As a journalist he has written about many of the more problematic aspects of AI. But he also realised there was a great need for practical information about how to use ChatGPT and other tools more effectively. This led him to write a book about it and also to run training sessions for other journalists in Aftenposten. 

Must think in new ways

“It has become clear that it is a much bigger and more demanding task to use these models in a smart way than most people realise. It requires that you think in new ways. You need to be more active – and somehow be a leader for your own work. “

And then there is the main challenge: People forget to use the tools.

“I am surprised how few people use these tools extensively, since honestly they are already useful for everybody” Per Kristian says. 

Will make journalism more robust

What about the quality of journalism?

Per Kristian Bjørkeng is convinced that in the short term AI will make journalism more robust. One reason is that journalists will be able to use many more sources faster. 

“A chatbot is like a research assistant who not only gives you access to more sources, but also helps you review enormous amounts of material.”

But do not ask the language models for the correct answers, warns Per Kristian. Rather you should use them as idea partners and assistants.

One important change for journalists  is that the chatbots can now handle context windows of up to 5 million characters. The context window is how much information a chatbot remembers in one conversation. These enormous context windows allow the journalist to input much more information than before – even documents he or she doesn´t have time to read themselves.

So what does the AI expert himself do as a journalist? How does he get help from ChatGPT and other tools in his daily work?

The AI expert’s tips

Here are some of Per Kristian’s tips to journalists and other people who want to get the most out of AI tools in their work:

Use chatbots to read and summarise material you do not have time to read

“I was interviewing the historian Yuval Noah Harari about his latest book. I did not have time to read a large part of the book. But I had the PDF of the book and uploaded it to Notebook LM from Google. From there I got a good summary and answers to questions. And I saved several hours of work.”

Build your own tools

Per Kristian says he has no programming skills. However, he has already developed two tools that are being used in Aftenposten’s newsroom. One is a language tool, the other is a tool to display book reviews better on a mobile device.

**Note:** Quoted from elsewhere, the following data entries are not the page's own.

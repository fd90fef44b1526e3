-- ===== src/Mint/Onchain/Shares.antt =====
-- Signature shares and nonces by input, as `process_signature_shares` and `nonce_column` of
-- picomint-node-daemon/src/consensus/onchain/mod.rs read them.
use picomint.Prelude.{
  ℕ, zero, suc, ◌+◌, ◌≤◌, ◌<◌, ◌≡◌, refl, Bool, true, false, Option, none, some, List, [], ◌∷◌,
  length, drop, get_elem?, All, arith, ◌∙◌, ap, inl, inr, Bool-cases, >>=-eq-some, some_unique,
}
use mathlib.Core.Path.{subst}
use picomint.Collections.BTreeMap
use picomint.Collections.BTreeMap.{BTreeMap, values}
use picomint.Nodes.{threshold}
use picomint.Mint.Onchain.Values.{BitcoinTx, TxOut, SpentTxOut, MintTx, NonceEntry, Bitcoin}
use picomint.Mint.Onchain.Signing.{
  Tss, Server, nonce_column_from, nonce_column, tweaked_agg_pk, tweaked_pks, prevouts,
  sighashes_from, sighashes, verify_shares,
}

pub get_elem?-some :
    {A : Type 0} (xs : List A) (i : ℕ) → i < length xs → (x : A) × (get_elem? xs i ≡ some x)
get_elem?-some [] i h = absurd (omega arith)
get_elem?-some (x ∷ xs) zero h = (x, refl)
get_elem?-some (x ∷ xs) (suc i) h = get_elem?-some xs i (omega arith)

drop-cons :
    {A : Type 0} (i : ℕ) (xs ys : List A) (y : A)
    → drop i xs ≡ y ∷ ys
    → (get_elem? xs i ≡ some y) × (drop (i + 1) xs ≡ ys)
drop-cons zero [] ys y h = absurd (ground arith)
drop-cons (suc i) [] ys y h = absurd (ground arith)
drop-cons zero (x ∷ xs) ys y h = (ground arith, ground arith)
drop-cons (suc i) (x ∷ xs) ys y h =
    let (here, rest) = drop-cons i xs ys y h in
    (here, ap (λ k. drop k (x ∷ xs)) (let e : suc i + 1 ≡ suc (i + 1) = omega arith in e) ∙ rest)

-- Entries with a nonce for each of `k` inputs.
abbrev pub Complete : ℕ → List NonceEntry → Type 0
Complete k chunk = All (λ (e : NonceEntry). length e.nonces ≡ k) chunk

pub nonce_column-returns :
    (chunk : List NonceEntry) (k index : ℕ) (column : BTreeMap ℕ)
    → Complete k chunk
    → index < k
    → (c : BTreeMap ℕ) × (nonce_column_from chunk index column ≡ some c)
unfolding nonce_column_from
nonce_column-returns [] k index column full h = (column, refl)
nonce_column-returns (e ∷ chunk) k index column full h =
    let (nonce, there) = get_elem?-some e.nonces index (omega (arith, full.0)) in
    let (c, rest) =
      nonce_column-returns chunk k index (BTreeMap.insert e.node nonce column) full.1 h in
    (c, rw there rest)

-- The crate hashes any input of a transaction for which it is given an output per input.
pub record Hashes (bitcoin : Bitcoin) : Type 0 where
  pub answers :
      (tx : BitcoinTx) (index : ℕ) (prevouts : List TxOut)
      → length prevouts ≡ length tx.input
      → index < length tx.input
      → (msg : ℕ) × (bitcoin.taproot_key_spend_signature_hash tx index prevouts ≡ some msg)

module _ (bitcoin : Bitcoin) (tss : Tss) (server : Server) where
  -- The hashes that are signed, where they are there.
  abbrev pub hashes_of : MintTx → List ℕ
  hashes_of u = elim (sighashes bitcoin tss server u) [ none ↦ [] | some msgs ↦ msgs ]

  length-prevouts :
      (utxos : List SpentTxOut) → length (prevouts bitcoin tss server utxos) ≡ length utxos
  length-prevouts [] = refl
  length-prevouts (utxo ∷ utxos) = ap suc (length-prevouts utxos)

  sighashes_from-returns :
      Hashes bitcoin
      → (u : MintTx) (index k : ℕ) → length u.spent_tx_outs ≡ length u.tx.input
      → index + k ≤ length u.tx.input
      → (msgs : List ℕ) × (sighashes_from bitcoin tss server u index k ≡ some msgs)
        × (length msgs ≡ k)
  unfolding sighashes_from
  sighashes_from-returns law u index zero same h = ([], refl, refl)
  sighashes_from-returns law u index (suc k) same h =
      let (msg, here) =
        law.answers u.tx index (prevouts bitcoin tss server u.spent_tx_outs)
          (length-prevouts u.spent_tx_outs ∙ same) (omega arith) in
      let (msgs, rest, number) = sighashes_from-returns law u (index + 1) k same (omega arith) in
      (msg ∷ msgs, rw (here, rest) refl, ap suc number)

  -- With as many outputs spent as there are inputs, every input has its hash.
  pub sighashes-returns :
      Hashes bitcoin
      → (u : MintTx) → length u.spent_tx_outs ≡ length u.tx.input
      → (msgs : List ℕ) × (sighashes bitcoin tss server u ≡ some msgs)
        × (length msgs ≡ length u.spent_tx_outs)
  sighashes-returns law u same =
      sighashes_from-returns law u 0 (length u.spent_tx_outs) same (omega arith)

  -- With a key share of the node and all nonces there, shares are verified without a failed `expect`.
  pub verify_shares-returns :
      (node k : ℕ) (chunk : List NonceEntry) (pk index : ℕ) (utxos : List SpentTxOut)
      (msgs shares : List ℕ)
      → BTreeMap.get node server.pks ≡ some pk
      → Complete k chunk
      → index + length utxos ≤ k
      → (b : Bool) × (verify_shares bitcoin tss server node chunk index utxos msgs shares ≡ some b)
  unfolding verify_shares
  verify_shares-returns node k chunk pk index [] msgs shares key full h = (true, refl)
  verify_shares-returns node k chunk pk index (u ∷ utxos) [] shares key full h = (true, refl)
  verify_shares-returns node k chunk pk index (u ∷ utxos) (m ∷ msgs) [] key full h = (true, refl)
  verify_shares-returns node k chunk pk index (u ∷ utxos) (m ∷ msgs) (s ∷ shares) key full h =
      let (c, column) = nonce_column-returns chunk k index [] full (omega arith) in
      let (b, rest) =
        verify_shares-returns node k chunk pk (index + 1) utxos msgs shares key full
          (omega arith) in
      elim (Bool-cases (
        tss.verify_signature_share m node (bitcoin.add_exp_tweak pk u.tweak) s c
          (tweaked_agg_pk bitcoin tss server u.tweak))) [
            | inl good ↦ (b, rw (key, column) (rw good rest))
            | inr bad ↦ (false, rw (key, column) (rw bad refl))
          ]

  -- A share that the session's nonces verify.
  abbrev pub Good : ℕ → ℕ → BTreeMap ℕ → ℕ → ℕ → Type 0
  Good msg tweak column node share =
      (pk : ℕ) × (tweaked_pks bitcoin tss server node tweak ≡ some pk)
      × (tss.verify_signature_share msg node pk share column
            (tweaked_agg_pk bitcoin tss server tweak)
          ≡ true)

  -- Threshold signatures: the shares of at least a threshold of signers, each of which verifies, make a
  -- signature that verifies.
  pub record Aggregates : Type 0 where
    pub aggregate_verifies :
        (msg tweak : ℕ) (column shares : BTreeMap ℕ)
        → threshold server.n ≤ length column
        → ((node nonce : ℕ)
            → BTreeMap.get node column ≡ some nonce
            → (share : ℕ) × (BTreeMap.get node shares ≡ some share)
              × Good msg tweak column node share)
        → tss.verify msg
            (tss.aggregate_signature_shares msg column shares
              (tweaked_agg_pk bitcoin tss server tweak))
            (tweaked_agg_pk bitcoin tss server tweak)
          ≡ true

  -- Each entry's response, from input `index` on, is as long as the inputs and verifies.
  abbrev pub Responses :
      List NonceEntry → ℕ → List SpentTxOut → List ℕ → List NonceEntry → List (List ℕ) → Type 0
  Responses whole index utxos msgs [] [] = Unit
  Responses whole index utxos msgs (e ∷ chunk) (r ∷ responses) =
      (length (drop index r) ≡ length utxos)
      × (verify_shares bitcoin tss server e.node whole index utxos msgs (drop index r) ≡ some true)
      × Responses whole index utxos msgs chunk responses
  Responses whole index utxos msgs [] (r ∷ responses) = ⊥
  Responses whole index utxos msgs (e ∷ chunk) [] = ⊥

  checked :
      (b : Bool) (rest : Option Bool)
      → elim b [ false ↦ some false | true ↦ rest ] ≡ some true
      → (b ≡ true) × (rest ≡ some true)
  checked true rest p = (refl, p)
  checked false rest p = absurd (ground arith)

  verify_shares-cons :
      (node : ℕ) (whole : List NonceEntry) (index : ℕ) (u : SpentTxOut) (utxos : List SpentTxOut)
      (msg : ℕ) (msgs : List ℕ) (column : BTreeMap ℕ) (share : ℕ) (rest : List ℕ)
      → nonce_column whole index ≡ some column
      → verify_shares bitcoin tss server node whole index (u ∷ utxos) (msg ∷ msgs) (share ∷ rest)
        ≡ some true
      → Good msg u.tweak column node share
        × (verify_shares bitcoin tss server node whole (index + 1) utxos msgs rest ≡ some true)
  unfolding verify_shares
  verify_shares-cons node whole index u utxos msg msgs column share rest there ok =
      let (pk, key, p) = >>=-eq-some (tweaked_pks bitcoin tss server node u.tweak) _ ok in
      let (c, found, q) = >>=-eq-some (nonce_column whole index) _ p in
      let same : c ≡ column = some_unique c column found there in
      let (good, later) =
        checked
          (tss.verify_signature_share msg node pk share c
            (tweaked_agg_pk bitcoin tss server u.tweak))
          (verify_shares bitcoin tss server node whole (index + 1) utxos msgs rest) q in
      (
        (
          pk,
          key,
          subst
              (λ z.
                tss.verify_signature_share msg node pk share z
                  (tweaked_agg_pk bitcoin tss server u.tweak)
                ≡ true)
              same good,
        ),
        later,
      )

  -- A verified response, taken apart at its first input.
  pub record Verified (node : ℕ) (whole : List NonceEntry) (index : ℕ) (u : SpentTxOut)
      (utxos : List SpentTxOut) (msg : ℕ) (msgs : List ℕ) (column : BTreeMap ℕ) (r : List ℕ)
      : Type 0 where
    pub share : ℕ
    pub here : get_elem? r index ≡ some share
    pub good : Good msg u.tweak column node share
    pub sized : length (drop (index + 1) r) ≡ length utxos
    pub later :
        verify_shares bitcoin tss server node whole (index + 1) utxos msgs (drop (index + 1) r)
        ≡ some true

  pub Verified-split :
      (node : ℕ) (whole : List NonceEntry) (index : ℕ) (u : SpentTxOut) (utxos : List SpentTxOut)
      (msg : ℕ) (msgs : List ℕ) (column : BTreeMap ℕ) (r d : List ℕ)
      → drop index r ≡ d
      → nonce_column whole index ≡ some column
      → length d ≡ suc (length utxos)
      → verify_shares bitcoin tss server node whole index (u ∷ utxos) (msg ∷ msgs) d ≡ some true
      → Verified node whole index u utxos msg msgs column r
  Verified-split node whole index u utxos msg msgs column r [] e there sized ok =
      absurd (omega arith)
  Verified-split node whole index u utxos msg msgs column r (share ∷ rest) e there sized ok =
      let (here, after) = drop-cons index r rest share e in
      let (good, later) =
        verify_shares-cons node whole index u utxos msg msgs column share rest there ok in
      record {
        share = share;
        here = here;
        good = good;
        sized = rw after (omega arith);
        later = rw after later;
      }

“You do not need to be able to code. Instead you can use the chatbot as your programming assistant.”

It can be a long process of “try and fail”, but the bot will guide the non-coder on his/her way through the process. 

Use Perplexity

“The go-to AI tools for journalists should be Perplexity Pro,” recommends Per Kristian. 

“Much of my work is to collect information on the Internet and get an overview. I could not do this without Perplexity. It not only collects information, but reads and analyses it, and gives me all the sources of where the information was found.”

Use NotebookLM for an overview of a single project

Per Kristian often uses Google’s NotebookLM to store the information and analyse single projects. NotebookLM has the ability to make summaries, timelines, Q&A and other versions of the content uploaded to it. 

What about ChatGPT?

“It is also a very good alternative,” says Per Kristian. 

He adds that the free version of ChatGPT was rather poor before this summer. But now the free version is based on the much better language model 4.0mini. There is no longer as big a difference in the performance of the free versus the paid version of ChatGPT.